Count the lines in the data below that include the word "same", then state the total and nothing besides.

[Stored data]
= Beginning of Section =

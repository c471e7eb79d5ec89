-- ===== src/Cache/Flight/Alone.antt =====
-- A call of `Get` that runs alone does what Cache.Calls says.
use jaydb.Base.{
  ℕ, ◌≡◌, refl, sym, ap, ◌∙◌, subst, inl, inr, Str, Bool, Option, none, some, lookup, ok,
  Result-cases, Option-cases, Bool-cases,
}
use jaydb.Storage.{Driver, Object}
use jaydb.Cache.Budget.{Run, done, stuck, panicked}
use jaydb.Cache.Shard.{find_element}
use jaydb.Cache.Calls.{
  World, put_manager, shard_for, count_miss, is_fresh, answer, fetch, get_object,
}
use jaydb.Cache.Flight.{
  Answer, Phase, idle, hit, missed, leading, fetched, settled, removed, closed, Flights, moved, at,
  look_up, after_lookup, start, load_or_store, settle, remove, begin, enter, read, store, leave,
  close, Step, Within, none_yet, also, Label, label, began, went_on, stored, changed,
}
use jaydb.Base.{insert}
use jaydb.Cache.Flight.{waiting, joined, cancelled}
use jaydb.Cache.Flight.Progress.{trans}
use jaydb.Cache.Flight.Invariant.{moved_self}

module _ (config : ℕ → Bool) {D : Type 0} (driver : Driver D) (fuel e : ℕ) where
  open driver use {get}

  -- `fetch` is the leader's part behind the count of the miss.
  abbrev missed_in : World → World
  missed_in w = put_manager e (count_miss (w.pool e)) w

  fetch-settle :
      (key : Str) (now : ℕ) (disk : D) (w : World)
      → fetch config driver fuel e key now disk w
        ≡ answer (get key disk) (settle config fuel e key now (get key disk) (missed_in w))
  unfolding fetch settle
  fetch-settle key now disk w = elim (Result-cases (get key disk)) [
    | inl (o, h) ↦ rw (fetch, h) refl
    | inr (x, h) ↦ rw (fetch, h) refl
  ]

  -- What a call does, by what its lookup finds.
  after_look_up : Str → ℕ → D → Option Object × World → Run (Answer × World)
  after_look_up key now disk (none, w) =
      answer (get key disk) (settle config fuel e key now (get key disk) w)
  after_look_up key now disk (some o, w) = done (ok (some o), w)

  get_object-after_look_up :
      (key : Str) (asked now : ℕ) (disk : D) (w : World)
      → get_object config driver fuel e key asked now disk w
        ≡ after_look_up key now disk (look_up e key asked now w)
  unfolding get_object look_up after_look_up
  get_object-after_look_up key asked now disk w =
      elim (Option-cases (find_element key (shard_for key (w.pool e)))) [
        | inl f ↦ rw (get_object, look_up, f) (fetch-settle key now disk w)
        | inr ((i, x), f) ↦ elim (Bool-cases (is_fresh (w.pool e) x.last_accessed asked)) [
          | inl h ↦ rw (get_object, look_up, f, h) refl
          | inr h ↦ rw (get_object, look_up, f, h) (fetch-settle key now disk w)
        ]
      ]

-- What a call has returned.
abbrev pub returned : Phase → Option Answer
returned idle = none
returned (hit r) = some r
returned (missed key) = none
returned (leading key) = none
returned (fetched key r) = none
returned (settled key r) = none
returned (removed r) = none
returned (closed r) = some r
returned (waiting j) = none
returned (joined j r) = some r
returned (cancelled c) = none

answer-done :
    (a r : Answer) (x : Run World) (w : World) → answer a x ≡ done (r, w) → (x ≡ done w) × (a ≡ r)
answer-done a r stuck w h = cc
answer-done a r panicked w h = cc
answer-done a r (done v) w h = (cc, cc)

-- The steps of one call of `Get`, for a key and with its two readings of the clock.
abbrev pub IsGet : ℕ → Str → ℕ → ℕ → Label → Type 0
IsGet i key asked now (began j k a n) = (j ≡ i) × (k ≡ key) × (a ≡ asked) × (n ≡ now)
IsGet i key asked now (went_on j) = j ≡ i
IsGet i key asked now (stored j n) = (j ≡ i) × (n ≡ now)
IsGet i key asked now changed = ⊥

module _ (config : ℕ → Bool) {D : Type 0} (driver : Driver D) (fuel e i : ℕ) (key : Str)
    (asked now : ℕ) where
  open driver use {get}

  -- The steps of the call alone lead from `f` to a state where it has returned `r`, with this cache and
  -- storage.
  abbrev pub Ends : Answer → World → D → Flights D → Type 0
  Ends r w disk f =
      (g : Flights D) × Within config driver fuel e (IsGet i key asked now) f g
      × (g.world ≡ w)
      × (g.disk ≡ disk)
      × (returned (g.phase i) ≡ some r)

  then-Ends :
      {r : Answer} {w : World} {disk : D} {f g : Flights D} (s : Step config driver fuel e f g)
      → IsGet i key asked now (label config driver fuel e s)
      → Ends r w disk g
      → Ends r w disk f
  then-Ends s o (h, t, a, b, c) = (h, trans config driver fuel e (also none_yet s o) t, a, b, c)

  removed-Ends : (f : Flights D) (r : Answer) → f.phase i ≡ removed r → Ends r f.world f.disk f
  removed-Ends f r h = (
    at f i (closed r),
    also none_yet (close f i r h) refl,
    refl,
    refl,
    ap returned (moved_self f.phase i (closed r)),
  )

  settled-Ends : (f : Flights D) (r : Answer) → f.phase i ≡ settled key r → Ends r f.world f.disk f
  unfolding remove
  settled-Ends f r h =
      then-Ends (leave f i key r h) refl
        (removed-Ends (remove i key r f) r (moved_self f.phase i (removed r)))

  leading-Ends :
      (f : Flights D) (w : World)
      → f.phase i ≡ leading key
      → settle config fuel e key now (get key f.disk) f.world ≡ done w
      → Ends (get key f.disk) w f.disk f
  leading-Ends f w h s =
      let r = get key f.disk in
      let p = fetched key r in
      let g = at f i p in
      then-Ends (read f i key h) refl (
        then-Ends (store g i key r now w (moved_self f.phase i p) s) (refl, refl)
          (settled-Ends (record (at g i (settled key r)) { world = w }) r
            (moved_self g.phase i (settled key r))))

  missed-Ends :
      (f : Flights D) (w : World)
      → f.phase i ≡ missed key
      → lookup key f.in_flight ≡ none
      → settle config fuel e key now (get key f.disk) f.world ≡ done w
      → Ends (get key f.disk) w f.disk f
  unfolding load_or_store
  missed-Ends f w h n s = then-Ends (enter f i key h) refl (
      rw (load_or_store, n)
        (leading-Ends
          (record f { in_flight = insert key i f.in_flight; phase = moved f.phase i (leading key) })
          w (moved_self f.phase i (leading key)) s))

  looked_up-Ends :
      (f : Flights D) (r : Answer) (w : World) (p : Option Object × World)
      → f.phase i ≡ idle
      → lookup key f.in_flight ≡ none
      → look_up e key asked now f.world ≡ p
      → after_look_up config driver fuel e key now f.disk p ≡ done (r, w)
      → Ends r w f.disk f
  unfolding start after_look_up
  looked_up-Ends f r w (some o, v) b n l h =
      then-Ends (begin f i key asked now b) (refl, refl, refl, refl)
        (
          start e i key asked now f,
          none_yet,
          ap (λ q. q.1) l ∙ cc,
          refl,
          ap returned (moved_self f.phase i (after_lookup key (look_up e key asked now f.world).0))
              ∙ ap (λ q. returned (after_lookup key q.0)) l
              ∙ cc,
        )
  looked_up-Ends f r w (none, v) b n l h =
      let (s, a) =
        answer-done (get key f.disk) r (settle config fuel e key now (get key f.disk) v) w h in
      then-Ends (begin f i key asked now b) (refl, refl, refl, refl)
        (subst (λ z. Ends z w f.disk (start e i key asked now f)) a
          (missed-Ends (start e i key asked now f) w
            (moved_self f.phase i (after_lookup key (look_up e key asked now f.world).0)
              ∙ ap (λ q. after_lookup key q.0) l)
            n (ap (λ q. settle config fuel e key now (get key f.disk) q.1) l ∙ s)))

  -- If the function of Cache.Calls returns, then a call of `Get` that finds no fetch of its key in
  -- flight ends as it does, by the call's own steps alone at the same readings of the clock, without any
  -- change of the cache, the budget or the storage by others: it returns the same, leaves the same cache
  -- and budget, and leaves the storage alone.
  pub get_object-Ends :
      (f : Flights D) (r : Answer) (w : World)
      → f.phase i ≡ idle
      → lookup key f.in_flight ≡ none
      → get_object config driver fuel e key asked now f.disk f.world ≡ done (r, w)
      → Ends r w f.disk f
  get_object-Ends f r w b n h =
      looked_up-Ends f r w (look_up e key asked now f.world) b n refl
        (sym (get_object-after_look_up config driver fuel e key asked now f.disk f.world) ∙ h)
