-- ===== src/Cache/Flight/Tests.antt =====
-- Tests and witnesses for the calls in flight, over the manager of the tests of Cache.Calls.
use jaydb.Base.{ℕ, ◌≡◌, refl, [], ◌∷◌, Str, none, some, arith, str_eq, lookup, insert, erase, ok}
use jaydb.Storage.{Object}
use jaydb.Sharding.Partition.{hash_string}
use jaydb.Cache.Budget.{Run, done, panicked, stuck, reserve, reserve_loop, release}
use jaydb.Cache.Shard.{store, touch, drop_key, remove_elem, find_element, find_pos}
use jaydb.Cache.Manager.{new_manager, shard_of, evict_oldest, evict_attempts, scan, better}
use jaydb.Cache.Calls.{
  World, count_miss, get_object, put_object, fetch, admit, store_in, invalidate,
}
use jaydb.Cache.Calls.Accounts.{IsExact}
use jaydb.Cache.Calls.Admit.{HasFuel, counted-IsExact}
use jaydb.Cache.Calls.Tests.{config, key_a, object_of, Slot, slot, start, start-IsExact}
use jaydb.Cache.Flight.{
  Answer, Flights, initial, load_or_store, leading, joined, closed, waiting, look_up, settle, Step,
  begin, enter, Reach, here, next,
}
use jaydb.Cache.Flight as Flight
use jaydb.Cache.Flight.Invariant.{leads}
use jaydb.Cache.Flight.Leaders.{Reach-coalesced}
use jaydb.Cache.Flight.Progress.{Joins, waiting-Joins}
use jaydb.Cache.Flight.Alone.{Ends, get_object-Ends}

abbrev old : Object
old = object_of key_a (1 ∷ 2 ∷ [])

abbrev f0 : Flights Slot
f0 = initial start (some old)

abbrev f1 : Flights Slot
f1 = Flight.start 0 0 key_a 9 10 f0

abbrev f2 : Flights Slot
f2 = load_or_store 0 key_a f1

abbrev f3 : Flights Slot
f3 = Flight.start 0 1 key_a 9 10 f2

-- The call 1 waits for the call 0.
abbrev f4 : Flights Slot
f4 = load_or_store 1 key_a f3

program : Unit {0}
unfolding new_manager put_object get_object fetch admit store_in invalidate shard_of hash_string
    reserve reserve_loop release store touch drop_key remove_elem find_element find_pos evict_oldest
    evict_attempts scan better str_eq lookup insert erase look_up settle Flight.start load_or_store
program = tt

reach : Reach config slot 2 0 f0 f4
unfolding program
reach =
    next
      (next (next (next here (begin f0 0 key_a 9 10 refl)) (enter f1 0 key_a refl))
        (begin f2 1 key_a 9 10 refl))
      (enter f3 1 key_a refl)

Reach-coalesced_example :
    ((i j : ℕ) (key : Str) → leads (f4.phase i) ≡ some key → leads (f4.phase j) ≡ some key → i ≡ j)
    × ((i j : ℕ) (r : Answer) → f4.phase i ≡ joined j r → f4.phase j ≡ closed r)
Reach-coalesced_example = Reach-coalesced config slot 2 0 start (some old) reach

missed_twice : IsExact config 0 0 f4.world
unfolding program
missed_twice =
    counted-IsExact config 0 0 f1.world (count_miss (f1.world.pool 0))
      (counted-IsExact config 0 0 start (count_miss (start.pool 0)) start-IsExact refl refl) refl
      refl

enough : HasFuel config 2 f4.world
unfolding program
enough = omega arith

waits : f4.phase 1 ≡ waiting 0
unfolding program
waits = refl

waiting-Joins_example : Joins config slot 2 0 1 0 f4
waiting-Joins_example =
    waiting-Joins config slot 2 0 0 start (some old) 1 0 reach missed_twice enough waits

-- What a call of `Get` that begins with `start` returns.
abbrev first : Run (Answer × World)
first = get_object config slot 2 0 key_a 9 10 (some old) start

abbrev after : Run (Answer × World) → Answer × World
after (done x) = x
after panicked = (ok none, start)
after stuck = (ok none, start)

first-done : first ≡ done ((after first).0, (after first).1)
unfolding program
first-done = refl

get_object-Ends_example :
    Ends config slot 2 0 0 key_a 9 10 (after first).0 (after first).1 (some old) f0
unfolding program
get_object-Ends_example =
    get_object-Ends config slot 2 0 0 key_a 9 10 f0 (after first).0 (after first).1 refl refl
      first-done

-- A leader has read the old object, a `Put` stores and caches a new one, and the leader admits the
-- old one: the next `Get` returns it, while the storage has the new one.
abbrev then_read : Run World → Run (Answer × World)
then_read (done w) =
    get_object config slot 2 0 key_a 10 11 (some (object_of key_a (1 ∷ 2 ∷ 3 ∷ []))) w
then_read panicked = panicked
then_read stuck = stuck

abbrev then_store : Run (Answer × Slot × World) → Run World
then_store (done (r, disk, w)) = settle config 2 0 key_a 10 (ok (some old)) w
then_store panicked = panicked
then_store stuck = stuck

stale_entry :
    (after (
      then_read
        (then_store (put_object config slot 2 0 key_a (1 ∷ 2 ∷ 3 ∷ []) [] 9 (some old) start)))).0
    ≡ ok (some old)
unfolding program
stale_entry = refl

= End of Section =

▸ **RESULT**
2